Both lenders reported strong consumer spending following a sharp drop in the loss of the Covid-19 pandemic, but that has yet to translate into loan growth as more people pay balances before banks can get them interest.
Credit card spending on the BofA credit card increased 46% in the second quarter, but the loan balances of this company decreased by 15%. BofA’s second-quarter revenue fell 4% from the same period last year to $ 21.5 billion, less than the $ 21.8 billion expected by analysts, according to FactSet data.
Citi, one of the largest credit card issuers in the United States, reported a 12% drop in total revenue and end-of-period loans fell 3%.
Revenue from its U.S. branded card business, the engine of its global consumer bank’s growth toward the pandemic, fell 12% due to lower volumes.
Banks have also struggled to raise lending since the Federal Reserve cut interest rates to near zero and fiscal and monetary stimulus programs reduced the appetite for new loans.
However, the faster-than-expected economic recovery in the United States has allowed banks to release billions of dollars they had set aside for pandemic-induced loan losses that never came to fruition. Reserve releases helped banks report growing gains despite lower second-quarter earnings and higher spending.

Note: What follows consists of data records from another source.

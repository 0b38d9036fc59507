-- ===== src/Tests.antt =====
-- Runs of the code on small inputs, and the theorems at inputs that meet their hypotheses.
mod Terminal
mod Boot
mod Printf
mod Paging
mod Kdebug
mod Console
mod Blocks
mod Strings
pub mod Strtol
pub mod Debuginfo
pub mod Backtrace
pub mod Typing
pub mod Session
pub mod Init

Citi reported second-quarter earnings of $ 6.2 billion, or $ 2.85 per share, compared to $ 1.1 billion or 38 cents per share, a year earlier, after releasing $ 2.4 billion in reserves. Analysts surveyed by FactSet predicted earnings of $ 2.02 per share.
BofA issued reserves of $ 2.2 billion in the second quarter and reported earnings of $ 9.2 billion, or $ 1.03 per share, compared to earnings of $ 3.5 billion or 37 cents per share from the same period last year. Analysts polled by FactSet expected earnings of 77 cents per share.